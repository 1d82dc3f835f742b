-- ===== src/Paging/Directory/Correct.antt =====
-- check_kern_pgdir against a description of the kernel's page directory.
use mathlib.Core.Logic.{◌↔◌}
use tp_prom.Prelude.{
  ℕ, ◌+◌, ◌-◌, ◌*◌, ◌/◌, ◌%◌, ◌≤◌, ◌<◌, ◌≡◌, ◌⊎◌, refl, sym, ap, subst, Bool, true, false, Option,
  none, some, leb, ◌==◌, ==→eq, ==_refl, if◌then◌else◌, ◌>>=◌, ◌>>◌, inl, inr, arith,
}
use tp_prom.Paging.Address.{
  word, page_size, table_size, directory_index, is_present, is_writable, kernbase, kstacktop,
  upages, roundup, rounddown,
}
use tp_prom.Paging.Physical.{paddr}
use tp_prom.Paging.Walk.{unmapped}
use tp_prom.Paging.Directory.{
  assert, for_loop, Kernel, kstksize, translate, pde, pages_body, memory_body, stack_body,
  guard_body, is_shared, pde_body, pages_end, memory_end, check_kern_pgdir,
}
use tp_prom.Paging.Directory.Loop.{
  Ends, AllEnd, both_end, end_both, for_loop-AllEnd, AllEnd-for_loop,
}

-- What the entry `i` of the directory has to be.
pub data IsEntry (k : Kernel) (i : ℕ) : Type 0 where
  shared : is_shared k i ≡ true → is_present (pde k i) ≡ true → IsEntry k i
  kernel :
      is_shared k i ≡ false
      → directory_index kernbase ≤ i
      → is_present (pde k i) ≡ true
      → is_writable (pde k i) ≡ true
      → IsEntry k i
  empty : is_shared k i ≡ false → i < directory_index kernbase → pde k i ≡ 0 → IsEntry k i

-- The mappings of the kernel: the array of pages at UPAGES, the physical memory at KERNBASE, the
-- stack below KSTACKTOP, and nothing at the bottom of the stack's region.
pub record IsKernelDirectory (k : Kernel) : Type 0 where
  pub pages_mapped :
      (i : ℕ)
      → page_size * i < pages_end k
      → translate k ((upages + page_size * i) % word)
        ≡ some ((k.pages - kernbase + page_size * i) % word)
  pub memory_mapped :
      (i : ℕ) → i < k.npages → translate k (kernbase + page_size * i) ≡ some (page_size * i)
  pub stack_mapped :
      (i : ℕ)
      → i < 8
      → translate k (kstacktop - kstksize + page_size * i)
        ≡ some ((k.bootstack - kernbase + page_size * i) % word)
  pub guard : translate k (kstacktop - table_size) ≡ some unmapped
  pub entries : (i : ℕ) → i < 1024 → IsEntry k i

assert-Ends : (b : Bool) → Ends (assert b) → b ≡ true
assert-Ends true h = refl
assert-Ends false h = absurd (cc)

-- A comparison of a translation.
compared : (o : Option ℕ) (a : ℕ) → Ends (o >>= λ v. assert (v == a)) → o ≡ some a
compared none a h = absurd (cc)
compared (some v) a h = ap some (==→eq v a (assert-Ends (v == a) h))

equal : (o : Option ℕ) (a : ℕ) → o ≡ some a → Ends (o >>= λ v. assert (v == a))
equal o a e = rw e (rw (==_refl a) refl)

module _ (o : Option ℕ) (kva i : ℕ) (above : kernbase ≤ kva) where
  plain : paddr kva ≡ some (kva - kernbase)
  unfolding paddr
  plain = ground arith

  compared_paddr :
      Ends (o >>= λ v. paddr kva >>= λ p. assert (v == (p + i) % word))
      → o ≡ some ((kva - kernbase + i) % word)
  compared_paddr h = compared o ((kva - kernbase + i) % word) (rw plain at h)

  equal_paddr :
      o ≡ some ((kva - kernbase + i) % word)
      → Ends (o >>= λ v. paddr kva >>= λ p. assert (v == (p + i) % word))
  equal_paddr e = rw plain (equal o ((kva - kernbase + i) % word) e)

-- A loop from 0 on.
module _ (step : ℕ) (body : ℕ → Option (Unit {0})) (n : ℕ) where
  from_zero : AllEnd step body 0 n → (i : ℕ) → step * i < n → Ends (body (step * i))
  from_zero h i lt =
      let e : 0 + step * i ≡ step * i = omega arith in
      subst (λ z. Ends (body z)) e (h i (omega arith))

  to_zero : ((i : ℕ) → step * i < n → Ends (body (step * i))) → AllEnd step body 0 n
  to_zero h i lt =
      let e : step * i ≡ 0 + step * i = omega arith in
      subst (λ z. Ends (body z)) e (h i (omega arith))

-- The three kinds of an entry, by the tests.
abbrev Kinds : Bool → Bool → Bool → Bool → Bool → Type 0
Kinds s l p w z =
    ((s ≡ true) × (p ≡ true))
    ⊎ (((s ≡ false) × (l ≡ true) × (p ≡ true) × (w ≡ true))
        ⊎ ((s ≡ false) × (l ≡ false) × (z ≡ true)))

kinds :
    (s l p w z : Bool)
    → Ends (if s then assert p else if l then (assert p >> assert w) else assert z)
    → Kinds s l p w z
kinds true l p w z h = inl (refl, assert-Ends p h)
kinds false true true w z h = inr (inl (refl, refl, refl, assert-Ends w h))
kinds false true false w z h = absurd (cc)
kinds false false p w z h = inr (inr (refl, refl, assert-Ends z h))

module _ (k : Kernel) (i : ℕ) where
  pde_body-IsEntry : Ends (pde_body k i) → IsEntry k i
  pde_body-IsEntry h =
      elim (kinds (is_shared k i) (leb (directory_index kernbase) i) (is_present (pde k i))
        (is_writable (pde k i)) (pde k i == 0) h) [
          | inl (s, p) ↦ shared s p
          | inr q ↦ elim q [
            | inl (s, l, p, w) ↦ kernel s (ground arith) p w
            | inr (s, l, z) ↦ empty s (ground arith) (==→eq (pde k i) 0 z)
          ]
        ]

  IsEntry-pde_body : IsEntry k i → Ends (pde_body k i)
  IsEntry-pde_body (shared s p) = rw s (rw p refl)
  IsEntry-pde_body (kernel s le p w) =
      let l : leb (directory_index kernbase) i ≡ true = ground arith in
      rw s (rw l (rw p (rw w refl)))
  IsEntry-pde_body (empty s lt e) =
      let l : leb (directory_index kernbase) i ≡ false = ground arith in rw s (rw l (rw e refl))

module _ (k : Kernel) (fits : k.npages * page_size ≤ word - kernbase)
    (pages_above : kernbase ≤ k.pages) (stack_above : kernbase ≤ k.bootstack) where
  pages_room : pages_end k + page_size ≤ word
  unfolding roundup rounddown
  pages_room = omega arith

  whole : memory_end k ≡ k.npages * page_size
  whole = omega arith

  -- For a physical memory that fits above KERNBASE, and for `pages` and `bootstack` above KERNBASE:
  -- check_kern_pgdir comes to its end if and only if the directory maps the kernel as
  -- `IsKernelDirectory` says.
  pub check_kern_pgdir-IsKernelDirectory : Ends (check_kern_pgdir k false) ↔ IsKernelDirectory k
  unfolding check_kern_pgdir
  check_kern_pgdir-IsKernelDirectory = (sound, complete)
    where
      sound : Ends (check_kern_pgdir k false) → IsKernelDirectory k
      sound h =
          let a =
            both_end
              (for_loop page_size (pages_body k) (pages_end k / page_size + 2) 0 (pages_end k)) _
              h in
          let b =
            both_end
              (for_loop page_size (memory_body k) (memory_end k / page_size + 2) 0 (memory_end k)) _
              a.1 in
          let c =
            both_end (for_loop page_size (stack_body k) (kstksize / page_size + 2) 0 kstksize) _
              b.1 in
          let d = both_end (guard_body k) _ c.1 in
          let e = both_end (for_loop 1 (pde_body k) 1025 0 1024) _ d.1 in
          let pages =
            for_loop-AllEnd page_size (pages_body k) (pages_end k) pages_room
              (pages_end k / page_size + 2) 0 a.0 in
          let memory =
            for_loop-AllEnd page_size (memory_body k) (memory_end k) (omega arith)
              (memory_end k / page_size + 2) 0 b.0 in
          let stack =
            for_loop-AllEnd page_size (stack_body k) kstksize (omega arith)
              (kstksize / page_size + 2) 0 c.0 in
          let entries = for_loop-AllEnd 1 (pde_body k) 1024 (omega arith) 1025 0 e.0 in
          record {
            pages_mapped = λ i lt.
                compared_paddr (translate k ((upages + page_size * i) % word)) k.pages
                  (page_size * i) pages_above
                  (from_zero page_size (pages_body k) (pages_end k) pages i lt);
            memory_mapped = λ i lt.
                let inside : page_size * i < memory_end k = omega (arith, whole) in
                let below : (kernbase + page_size * i) % word ≡ kernbase + page_size * i =
                  omega arith in
                subst (λ z. translate k z ≡ some (page_size * i)) below
                  (compared (translate k ((kernbase + page_size * i) % word)) (page_size * i)
                    (from_zero page_size (memory_body k) (memory_end k) memory i inside));
            stack_mapped = λ i lt.
                compared_paddr (translate k (kstacktop - kstksize + page_size * i)) k.bootstack
                  (page_size * i) stack_above
                  (from_zero page_size (stack_body k) kstksize stack i (omega arith));
            guard = compared (translate k (kstacktop - table_size)) unmapped d.0;
            entries = λ i lt.
                let one : 1 * i ≡ i = omega arith in
                pde_body-IsEntry k i (
                  subst (λ z. Ends (pde_body k z)) one
                    (from_zero 1 (pde_body k) 1024 entries i (omega arith)));
          }

      complete : IsKernelDirectory k → Ends (check_kern_pgdir k false)
      complete h =
          end_both (for_loop page_size (pages_body k) (pages_end k / page_size + 2) 0 (pages_end k))
            _
            (AllEnd-for_loop page_size (pages_body k) (pages_end k) pages_room
              (pages_end k / page_size + 2) (pages_end k / page_size + 1) 0 (omega arith)
              (omega arith)
              (to_zero page_size (pages_body k) (pages_end k) (λ i lt.
                equal_paddr (translate k ((upages + page_size * i) % word)) k.pages (page_size * i)
                  pages_above (h.pages_mapped i lt))))
            (end_both
              (for_loop page_size (memory_body k) (memory_end k / page_size + 2) 0 (memory_end k)) _
              (AllEnd-for_loop page_size (memory_body k) (memory_end k) (omega arith)
                (memory_end k / page_size + 2) (memory_end k / page_size + 1) 0 (omega arith)
                (omega arith)
                (to_zero page_size (memory_body k) (memory_end k) (λ i lt.
                  let below : (kernbase + page_size * i) % word ≡ kernbase + page_size * i =
                    omega (arith, whole) in
                  equal (translate k ((kernbase + page_size * i) % word)) (page_size * i) (
                    subst (λ z. translate k z ≡ some (page_size * i)) (sym below)
                      (h.memory_mapped i (omega (arith, whole)))))))
              (end_both (for_loop page_size (stack_body k) (kstksize / page_size + 2) 0 kstksize) _
                (AllEnd-for_loop page_size (stack_body k) kstksize (omega arith)
                  (kstksize / page_size + 2) 9 0 (omega arith) (omega arith)
                  (to_zero page_size (stack_body k) kstksize (λ i lt.
                    equal_paddr (translate k (kstacktop - kstksize + page_size * i)) k.bootstack
                      (page_size * i) stack_above (h.stack_mapped i (omega arith)))))
                (end_both (guard_body k) _
                  (equal (translate k (kstacktop - table_size)) unmapped h.guard)
                  (end_both (for_loop 1 (pde_body k) 1025 0 1024) (some tt)
                    (AllEnd-for_loop 1 (pde_body k) 1024 (omega arith) 1025 1024 0 (omega arith)
                      (omega arith)
                      (to_zero 1 (pde_body k) 1024 (λ i lt.
                        let one : 1 * i ≡ i = omega arith in
                        subst (λ z. Ends (pde_body k z)) (sym one)
                          (IsEntry-pde_body k i (h.entries i (omega arith))))))
                    refl))))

Required action => If a line in the entries above contains the word "empty", copy it.

Solution =>
  empty : is_shared k i ≡ false → i < directory_index kernbase → pde k i ≡ 0 → IsEntry k i
            | inr (s, l, z) ↦ empty s (ground arith) (==→eq (pde k i) 0 z)
  IsEntry-pde_body (empty s lt e) =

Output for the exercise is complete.